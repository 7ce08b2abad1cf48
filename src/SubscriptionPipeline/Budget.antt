-- ===== src/SubscriptionPipeline/Budget.antt =====
-- How often an event is run, and when.
use egress_apikey.Prelude.{
  ℕ, zero, suc, ◌+◌, ◌-◌, ◌*◌, ◌^◌, ◌≤◌, ◌<◌, ◌≡◌, refl, String, Option, none, some, List, [], ◌∷◌,
  ◌++◌, length, All, leb, if◌then◌else◌, if_elim, leb→le, arith,
}
use egress_apikey.SubscriptionPipeline.{
  PipelineReport, first_error, QueueEntry, Queue, max_attempts, EstablishEvent, retry_delay,
  retry_jitter,
}
use egress_apikey.SubscriptionPipeline.Drain.{
  kept, due, reschedule, requeue, enqueue_all, drain_events, drain, drive_due,
}
use egress_apikey.SubscriptionPipeline.Queue.{IsQueue}
use egress_apikey.SubscriptionPipeline.Drains.{IsReady, All-due, drain-IsQueue, drive_due-drain}

-- The runs that an entry has left.
abbrev pub runs_left : QueueEntry → ℕ
runs_left e = if e.failed then 0 else max_attempts - e.attempts

abbrev pub budget : Queue → ℕ
budget [] = 0
budget (e ∷ q) = runs_left e + budget q

budget-append : (p q : Queue) → budget (p ++ q) ≡ budget p + budget q
budget-append [] q = omega arith
budget-append (e ∷ p) q = omega (arith, budget-append p q)

budget-split : (now : ℕ) (q : Queue) → budget (due now q) + budget (kept now q) ≡ budget q
budget-split now [] = refl
budget-split now (e ∷ q) = ground (arith, budget-split now q)

runs_left-reschedule :
    (now : ℕ) (e : QueueEntry) (reason : String)
    → IsReady e
    → suc (runs_left (reschedule now e reason)) ≤ runs_left e
unfolding reschedule
runs_left-reschedule now e reason (left, free) =
    if_elim (λ (x : QueueEntry). suc (runs_left x) ≤ runs_left e)
      (leb max_attempts (e.attempts + 1)) (λ _. rw free (omega arith)) (λ _. rw free (omega arith))

budget-requeue :
    (now : ℕ) (e : QueueEntry) (o : Option String) (q : Queue)
    → IsReady e
    → suc (budget (requeue now e o q)) ≤ runs_left e + budget q
unfolding requeue
budget-requeue now e none q (left, free) = rw free (omega arith)
budget-requeue now e (some reason) q h =
    omega
      (arith, budget-append q (reschedule now e reason ∷ []), runs_left-reschedule now e reason h)

retry_jitter-bound : (subscription : String) (now : ℕ) → retry_jitter subscription now < 30
unfolding retry_jitter
retry_jitter-bound subscription now = omega arith

retry_delay-exact :
    (a : ℕ) → suc a < max_attempts → (retry_delay (a + 1 - 1) ≡ 2 * 2 ^ a) × (2 * 2 ^ a ≤ 16)
unfolding retry_delay
retry_delay-exact zero h = (refl, omega arith)
retry_delay-exact (suc zero) h = (refl, omega arith)
retry_delay-exact (suc (suc zero)) h = (refl, omega arith)
retry_delay-exact (suc (suc (suc zero))) h = (refl, omega arith)
retry_delay-exact (suc (suc (suc (suc a)))) h = absurd (omega arith)

-- A failed event with attempts left is tried again 2 * 2^a to 2 * 2^a + 29 seconds later, where `a`
-- is the attempts it had made before this one, as long as the clock is below 2^64 - 100.
pub reschedule-window :
    (now : ℕ) (e : QueueEntry) (reason : String)
    → suc e.attempts < max_attempts
    → now < 2 ^ 64 - 100
    → (now + 2 * 2 ^ e.attempts ≤ (reschedule now e reason).next_retry_at)
      × ((reschedule now e reason).next_retry_at ≤ now + 2 * 2 ^ e.attempts + 29)
      × ((reschedule now e reason).failed ≡ e.failed)
unfolding reschedule
reschedule-window now e reason h clock =
    let (d, b) = retry_delay-exact e.attempts h in
    let j = retry_jitter-bound e.subscription now in
    if_elim
      (λ (x : QueueEntry).
        (now + 2 * 2 ^ e.attempts ≤ x.next_retry_at)
        × (x.next_retry_at ≤ now + 2 * 2 ^ e.attempts + 29)
        × (x.failed ≡ e.failed))
      (leb max_attempts (e.attempts + 1))
      (λ spent. absurd (omega (arith, leb→le max_attempts (e.attempts + 1) spent)))
      (λ _. (omega arith, omega arith, refl))

module _ {World : Type 0} (run : QueueEntry → World → PipelineReport × World)
    (others : World → List EstablishEvent) where
  drain_events-budget :
      (now : ℕ) (events : List QueueEntry) (q : Queue) (w : World)
      → ((v : World) → others v ≡ [])
      → All IsReady events
      → length (drain_events run others now events q w).0.0
          + budget (drain_events run others now events q w).0.1
        ≤ budget events + budget q
  unfolding drain_events enqueue_all
  drain_events-budget now [] q w quiet h = omega arith
  drain_events-budget now (e ∷ events) q w quiet h =
      let o = first_error (run e w).0 in
      rw (quiet (run e w).1) (
        omega (
          arith,
          budget-requeue now e o q h.0,
          drain_events-budget now events (requeue now e o q) (run e w).1 quiet h.1,
        ))

  drain-budget :
      (now : ℕ) (q : Queue) (w : World)
      → ((v : World) → others v ≡ [])
      → IsQueue q
      → length (drain run others now q w).0.0 + budget (drain run others now q w).0.1 ≤ budget q
  unfolding drain
  drain-budget now q w quiet (unique, bound, sane) = omega (
    arith,
    budget-split now q,
    drain_events-budget now (due now q) (kept now q) w quiet (All-due now q sane),
  )

  -- The driver ticking at the given instants: the runs in all, and what is left.
  unfoldable pub drive_all : List ℕ → Queue → World → (ℕ × Queue) × World
  unfolding drive_due
  drive_all [] q w = ((0, q), w)
  drive_all (now ∷ ticks) q w =
      let ((reports, q1), w1) = drive_due run others now q w in
      let ((n, q2), w2) = drive_all ticks q1 w1 in ((length reports + n, q2), w2)

  drive_all-budget :
      (ticks : List ℕ) (q : Queue) (w : World)
      → ((v : World) → others v ≡ [])
      → IsQueue q
      → (drive_all ticks q w).0.0 + budget (drive_all ticks q w).0.1 ≤ budget q
  unfolding drive_all
  drive_all-budget [] q w quiet h = omega arith
  drive_all-budget (now ∷ ticks) q w quiet h = rw (drive_due-drain run others now q w) (
      omega (
        arith,
        drain-budget now q w quiet h,
        drive_all-budget ticks (drain run others now q w).0.1 (drain run others now q w).1 quiet
            (drain-IsQueue run others now q w quiet h),
      ))

  budget-length : (q : Queue) → budget q ≤ 5 * length q
  budget-length [] = omega arith
  budget-length (e ∷ q) = ground (arith, budget-length q)

  -- However often the driver ticks, and whatever the passes do, it runs at most five passes for
  -- each entry of the queue, as long as no other task enqueues.
  pub drive_all-runs :
      (ticks : List ℕ) (q : Queue) (w : World)
      → ((v : World) → others v ≡ [])
      → IsQueue q
      → (drive_all ticks q w).0.0 ≤ 5 * length q
  drive_all-runs ticks q w quiet h =
      omega (arith, drive_all-budget ticks q w quiet h, budget-length q)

= = = =

**Exercise description**
What you write must be identical to the material above.

**Exercise response**
repository 7ce08b2abad1cf48
filename src/SubscriptionPipeline/Budget.antt
-- ===== src/SubscriptionPipeline/Budget.antt =====
-- How often an event is run, and when.
use egress_apikey.Prelude.{
  ℕ, zero, suc, ◌+◌, ◌-◌, ◌*◌, ◌^◌, ◌≤◌, ◌<◌, ◌≡◌, refl, String, Option, none, some, List, [], ◌∷◌,
  ◌++◌, length, All, leb, if◌then◌else◌, if_elim, leb→le, arith,
}
use egress_apikey.SubscriptionPipeline.{
  PipelineReport, first_error, QueueEntry, Queue, max_attempts, EstablishEvent, retry_delay,
  retry_jitter,
}
use egress_apikey.SubscriptionPipeline.Drain.{
  kept, due, reschedule, requeue, enqueue_all, drain_events, drain, drive_due,
}
use egress_apikey.SubscriptionPipeline.Queue.{IsQueue}
use egress_apikey.SubscriptionPipeline.Drains.{IsReady, All-due, drain-IsQueue, drive_due-drain}

-- The runs that an entry has left.
abbrev pub runs_left : QueueEntry → ℕ
runs_left e = if e.failed then 0 else max_attempts - e.attempts

abbrev pub budget : Queue → ℕ
budget [] = 0
budget (e ∷ q) = runs_left e + budget q

budget-append : (p q : Queue) → budget (p ++ q) ≡ budget p + budget q
budget-append [] q = omega arith
budget-append (e ∷ p) q = omega (arith, budget-append p q)

budget-split : (now : ℕ) (q : Queue) → budget (due now q) + budget (kept now q) ≡ budget q
budget-split now [] = refl
budget-split now (e ∷ q) = ground (arith, budget-split now q)

runs_left-reschedule :
    (now : ℕ) (e : QueueEntry) (reason : String)
    → IsReady e
    → suc (runs_left (reschedule now e reason)) ≤ runs_left e
unfolding reschedule
runs_left-reschedule now e reason (left, free) =
    if_elim (λ (x : QueueEntry). suc (runs_left x) ≤ runs_left e)
      (leb max_attempts (e.attempts + 1)) (λ _. rw free (omega arith)) (λ _. rw free (omega arith))

budget-requeue :
    (now : ℕ) (e : QueueEntry) (o : Option String) (q : Queue)
    → IsReady e
    → suc (budget (requeue now e o q)) ≤ runs_left e + budget q
unfolding requeue
budget-requeue now e none q (left, free) = rw free (omega arith)
budget-requeue now e (some reason) q h =
    omega
      (arith, budget-append q (reschedule now e reason ∷ []), runs_left-reschedule now e reason h)

retry_jitter-bound : (subscription : String) (now : ℕ) → retry_jitter subscription now < 30
unfolding retry_jitter
retry_jitter-bound subscription now = omega arith

retry_delay-exact :
    (a : ℕ) → suc a < max_attempts → (retry_delay (a + 1 - 1) ≡ 2 * 2 ^ a) × (2 * 2 ^ a ≤ 16)
unfolding retry_delay
retry_delay-exact zero h = (refl, omega arith)
retry_delay-exact (suc zero) h = (refl, omega arith)
retry_delay-exact (suc (suc zero)) h = (refl, omega arith)
retry_delay-exact (suc (suc (suc zero))) h = (refl, omega arith)
retry_delay-exact (suc (suc (suc (suc a)))) h = absurd (omega arith)

-- A failed event with attempts left is tried again 2 * 2^a to 2 * 2^a + 29 seconds later, where `a`
-- is the attempts it had made before this one, as long as the clock is below 2^64 - 100.
pub reschedule-window :
    (now : ℕ) (e : QueueEntry) (reason : String)
    → suc e.attempts < max_attempts
    → now < 2 ^ 64 - 100
    → (now + 2 * 2 ^ e.attempts ≤ (reschedule now e reason).next_retry_at)
      × ((reschedule now e reason).next_retry_at ≤ now + 2 * 2 ^ e.attempts + 29)
      × ((reschedule now e reason).failed ≡ e.failed)
unfolding reschedule
reschedule-window now e reason h clock =
    let (d, b) = retry_delay-exact e.attempts h in
    let j = retry_jitter-bound e.subscription now in
    if_elim
      (λ (x : QueueEntry).
        (now + 2 * 2 ^ e.attempts ≤ x.next_retry_at)
        × (x.next_retry_at ≤ now + 2 * 2 ^ e.attempts + 29)
        × (x.failed ≡ e.failed))
      (leb max_attempts (e.attempts + 1))
      (λ spent. absurd (omega (arith, leb→le max_attempts (e.attempts + 1) spent)))
      (λ _. (omega arith, omega arith, refl))

module _ {World : Type 0} (run : QueueEntry → World → PipelineReport × World)
    (others : World → List EstablishEvent) where
  drain_events-budget :
      (now : ℕ) (events : List QueueEntry) (q : Queue) (w : World)
      → ((v : World) → others v ≡ [])
      → All IsReady events
      → length (drain_events run others now events q w).0.0
          + budget (drain_events run others now events q w).0.1
        ≤ budget events + budget q
  unfolding drain_events enqueue_all
  drain_events-budget now [] q w quiet h = omega arith
  drain_events-budget now (e ∷ events) q w quiet h =
      let o = first_error (run e w).0 in
      rw (quiet (run e w).1) (
        omega (
          arith,
          budget-requeue now e o q h.0,
          drain_events-budget now events (requeue now e o q) (run e w).1 quiet h.1,
        ))

  drain-budget :
      (now : ℕ) (q : Queue) (w : World)
      → ((v : World) → others v ≡ [])
      → IsQueue q
      → length (drain run others now q w).0.0 + budget (drain run others now q w).0.1 ≤ budget q
  unfolding drain
  drain-budget now q w quiet (unique, bound, sane) = omega (
    arith,
    budget-split now q,
    drain_events-budget now (due now q) (kept now q) w quiet (All-due now q sane),
  )

  -- The driver ticking at the given instants: the runs in all, and what is left.
  unfoldable pub drive_all : List ℕ → Queue → World → (ℕ × Queue) × World
  unfolding drive_due
  drive_all [] q w = ((0, q), w)
  drive_all (now ∷ ticks) q w =
      let ((reports, q1), w1) = drive_due run others now q w in
      let ((n, q2), w2) = drive_all ticks q1 w1 in ((length reports + n, q2), w2)

  drive_all-budget :
      (ticks : List ℕ) (q : Queue) (w : World)
      → ((v : World) → others v ≡ [])
      → IsQueue q
      → (drive_all ticks q w).0.0 + budget (drive_all ticks q w).0.1 ≤ budget q
  unfolding drive_all
  drive_all-budget [] q w quiet h = omega arith
  drive_all-budget (now ∷ ticks) q w quiet h = rw (drive_due-drain run others now q w) (
      omega (
        arith,
        drain-budget now q w quiet h,
        drive_all-budget ticks (drain run others now q w).0.1 (drain run others now q w).1 quiet
            (drain-IsQueue run others now q w quiet h),
      ))

  budget-length : (q : Queue) → budget q ≤ 5 * length q
  budget-length [] = omega arith
  budget-length (e ∷ q) = ground (arith, budget-length q)

  -- However often the driver ticks, and whatever the passes do, it runs at most five passes for
  -- each entry of the queue, as long as no other task enqueues.
  pub drive_all-runs :
      (ticks : List ℕ) (q : Queue) (w : World)
      → ((v : World) → others v ≡ [])
      → IsQueue q
      → (drive_all ticks q w).0.0 ≤ 5 * length q
  drive_all-runs ticks q w quiet h =
      omega (arith, drive_all-budget ticks q w quiet h, budget-length q)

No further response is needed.